● **RECORDS FOR THIS TASK**
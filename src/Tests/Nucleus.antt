-- ===== src/Tests/Nucleus.antt =====
-- phase2 at concrete memories.
use multi_pand_os.Base.{◌==◌, has, true, false, ◌+◌, ℕ, ◌≡◌, refl, [], ◌∷◌, arith, ◌*◌, ◌%◌, ◌^◌}
use multi_pand_os.Base.Word.{add32, sub32}
use multi_pand_os.Listx.{list_add_tail, list_add_between}
use multi_pand_os.Listx.Ring.{Ring, SameOutside}
use multi_pand_os.Kernel.{Kernel, zero_state, p_child}
use multi_pand_os.Machine.{ok, stop, ldst, spin, panic, unreachable, ◌>>◌}
use multi_pand_os.Pcb.Queue.{IsQueue}
use multi_pand_os.Pcb.Tree.{Family, insert_child_lem}
use multi_pand_os.Pcb.{insert_child}
use multi_pand_os.Exceptions.Destroy.{Queues, destroy_process-ready, destroy_process-other}
use multi_pand_os.Exceptions.Termination.{destroy_process}
use multi_pand_os.Exceptions.Syscalls.{term_target, passeren_call, verhogen_call, term_process}
use multi_pand_os.Exceptions.Syscalls.Semaphores.{passeren-verhogen}
use multi_pand_os.Exceptions.Syscalls.Terminate.{
  RunsAlone, Ends, term_target-child, term_process-unreachable,
}
use multi_pand_os.Interrupts.{
  handle_plt, interrupt_handler, handle_interval_timer, clock_sem, psecond,
}
use multi_pand_os.Interrupts.Plt.{handle_plt-ldst}
use multi_pand_os.Interrupts.Devices.{Pending, WaitsFor, interrupt_handler-spin}
use multi_pand_os.Interrupts.Tick.{WaitsForTick, handle_interval_timer_wakes}
use multi_pand_os.Tests.Data.{
  lay, mach, mach-IsSpinLock, alone, memory, alone-Ring, two-Ring, waiting, two_wait-Ring,
  two_wait-active, two_wait-queue, waiting-Waiting, waiting-Located,
}

-- Two ready processes.
abbrev pub two_ready : Kernel
two_ready = memory (list_add_tail 1192 400 (list_add_tail 1000 400 alone))

two_ready-free : Ring two_ready.links 100 []
unfolding list_add_tail list_add_between
two_ready-free = record { chain = tt; closed = (refl, refl); distinct = (refl, tt) }

two_ready-Queues : Queues lay two_ready (1000 ∷ 1192 ∷ []) []
two_ready-Queues = record {
  ready = two-Ring;
  free = two_ready-free;
  apart = (refl, (refl, (refl, tt)));
  few_ready = omega arith;
  few_free = omega arith;
}

destroy_process-ready_example :
    (k' : Kernel) × (destroy_process lay 1192 two_ready ≡ ok tt k')
    × IsQueue k' 400 (1000 ∷ [])
    × IsQueue k' 100 (1192 ∷ [])
    × (k'.process_count ≡ sub32 0 1)
    × (k'.waiting_count ≡ 0)
    × ((a : ℕ)
        → has a (400 ∷ 1000 ∷ 1192 ∷ []) ≡ false
        → has a (100 ∷ []) ≡ false
        → (k'.links.next a ≡ two_ready.links.next a) × (k'.links.prev a ≡ two_ready.links.prev a))
destroy_process-ready_example =
    destroy_process-ready lay two_ready 1192 (1000 ∷ []) [] [] two_ready-Queues

destroy_process-other_example :
    (k' : Kernel) × (destroy_process lay 1384 two_ready ≡ ok tt k')
    × IsQueue k' 400 (1000 ∷ 1192 ∷ [])
    × IsQueue k' 100 (1384 ∷ [])
    × (k'.process_count ≡ sub32 0 1)
    × (k'.waiting_count ≡ sub32 0 1)
    × SameOutside (1384 ∷ 100 ∷ []) two_ready.links k'.links
destroy_process-other_example =
    destroy_process-other lay two_ready 1384 (1000 ∷ 1192 ∷ []) [] two_ready-Queues refl refl

-- The process at 1384 runs alone.
abbrev running : ℕ → ℕ → Kernel
running processes waiters = record (memory alone) {
  process_count = processes;
  waiting_count = waiters;
  current_process = λ i. 1384;
}

running-RunsAlone : (n w : ℕ) → RunsAlone lay (running n w) 1384 [] []
running-RunsAlone n w = record {
  queues = record {
    ready = alone-Ring 400;
    free = alone-Ring 100;
    apart = (refl, tt);
    few_ready = omega arith;
    few_free = omega arith;
  };
  not_ready = refl;
  not_free = refl;
  childless = record { ring = alone-Ring 1396; parents = tt };
  orphan = refl;
}

term_process-unreachable_example : Ends (term_process lay mach 1384 (running 1 0)) unreachable
term_process-unreachable_example =
    term_process-unreachable lay mach (running 1 0) 1384 [] (running-RunsAlone 1 0) refl refl

-- The process at 1000 has the child at 1192.
abbrev parent : Kernel
parent = insert_child 1000 1192 (memory alone)

parent-Family : Family parent 1000 (1192 ∷ [])
parent-Family =
    insert_child_lem (memory alone) 1000 1192 [] (record { ring = alone-Ring 1012; parents = tt })
      refl

parent-behind : (parent.links.prev 1396 == 7) ≡ false
unfolding insert_child list_add_tail list_add_between
parent-behind = refl

parent-other :
    (c : ℕ)
    → has c (1192 ∷ []) ≡ true
    → (parent.links.prev (p_child (c + lay.sizeof_pcb)) == 7) ≡ false
parent-other c i = (let same : c ≡ 1192 = ground arith in rw same parent-behind)

term_target-child_example : term_target lay mach 1000 7 parent ≡ stop panic parent
term_target-child_example =
    term_target-child lay mach parent 1000 7 (1192 ∷ []) (omega arith) parent-Family (omega arith)
      parent-other

-- The semaphore at address 0, with value 1.
abbrev one_unit : Kernel
one_unit = record (memory alone) { word = λ a. 1 }

passeren-verhogen_example :
    (w : ℕ → ℕ) × ((passeren_call lay mach 1000 >> verhogen_call lay mach) one_unit
      ≡ ok tt (record one_unit { word = w }))
    × ((a : ℕ) → w a ≡ 1)
passeren-verhogen_example = passeren-verhogen lay mach 1000 one_unit (omega arith) (omega arith)

handle_plt-ldst_example :
    (k' : Kernel) × (handle_plt lay mach 0 (running 1 0) ≡ stop (ldst zero_state) k')
    × IsQueue k' 400 []
    × (k'.current_process 0 ≡ 1384)
    × (k'.p_time 1384 ≡ add32 0 5000)
    × ((c : ℕ) → (c == 1384) ≡ false → k'.p_time c ≡ (running 1 0).p_time c)
    × (k'.p_s ≡ (running 1 0).p_s)
    × (k'.current_state ≡ (running 1 0).current_state)
handle_plt-ldst_example =
    handle_plt-ldst lay mach (running 1 0) [] 1384 [] (omega arith) (omega arith) (omega arith)
      (alone-Ring 400) refl refl

-- A process waits for the first disk.
disk-WaitsFor :
    WaitsFor lay (record (waiting 50000) { global_lock = 1 }) 0 0 6000 [] [] [] 1000 (1192 ∷ [])
disk-WaitsFor = record {
  waiting = record {
    active = two_wait-active;
    free = two_wait-Ring 200 refl;
    queue = two_wait-queue;
    lists = (refl, (refl, tt));
    queue_active = (refl, (refl, (refl, tt)));
    queue_free = (refl, (refl, (refl, tt)));
  };
  located = record {
    actives = record { ring = two_wait-active; few = omega arith };
    key = refl;
    first = tt;
  };
  named = refl;
}

disk-Pending : Pending mach 17 0
disk-Pending = record {
  no_plt = refl;
  no_tick = refl;
  line_low = omega arith;
  line_high = omega arith;
  line_set = refl;
  lines_clear = λ j lt le. absurd (omega arith);
  dev_low = omega arith;
  dev_set = refl;
  devs_clear = λ j lt le. absurd (omega arith);
}

interrupt_handler-spin_example :
    (k' : Kernel) × (interrupt_handler lay mach (waiting 50000) ≡ stop spin k')
interrupt_handler-spin_example =
    interrupt_handler-spin lay mach 17 0 6000 [] [] [] 1000 (1192 ∷ []) (waiting 50000)
      mach-IsSpinLock disk-Pending (omega arith) (omega arith) refl disk-WaitsFor

clock-WaitsForTick : WaitsForTick lay (waiting 50192) 6000 [] [] [] 1000 (1192 ∷ []) []
clock-WaitsForTick = record {
  waiting = waiting-Waiting 50192;
  located = waiting-Located 50192;
  only = tt;
  named = refl;
  ready = two_wait-Ring 400 refl;
  apart_queue = (refl, (refl, (refl, tt)));
  apart_active = (refl, (refl, tt));
  apart_free = (refl, tt);
}

handle_interval_timer_wakes_example :
    (k' : Kernel) × (handle_interval_timer lay mach (waiting 50192) ≡ ok tt k')
    × IsQueue k' 400 (1000 ∷ [])
    × (k'.waiting_count ≡ sub32 2 1)
    × (k'.word (clock_sem lay) ≡ 0)
    × (k'.interval_timer ≡ mach.ldit ((psecond * mach.timescale) % 2 ^ 32))
    × (k'.global_lock ≡ 0)
handle_interval_timer_wakes_example =
    handle_interval_timer_wakes lay mach (waiting 50192) 6000 [] [] [] 1000 (1192 ∷ []) []
      mach-IsSpinLock refl clock-WaitsForTick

● **PROBLEM TO SOLVE**
The answer consists of every line above in which the word "memory" occurs.

● **OUTPUT OF THE TASK**
  lay, mach, mach-IsSpinLock, alone, memory, alone-Ring, two-Ring, waiting, two_wait-Ring,
two_ready = memory (list_add_tail 1192 400 (list_add_tail 1000 400 alone))
running processes waiters = record (memory alone) {
parent = insert_child 1000 1192 (memory alone)
    insert_child_lem (memory alone) 1000 1192 [] (record { ring = alone-Ring 1012; parents = tt })
one_unit = record (memory alone) { word = λ a. 1 }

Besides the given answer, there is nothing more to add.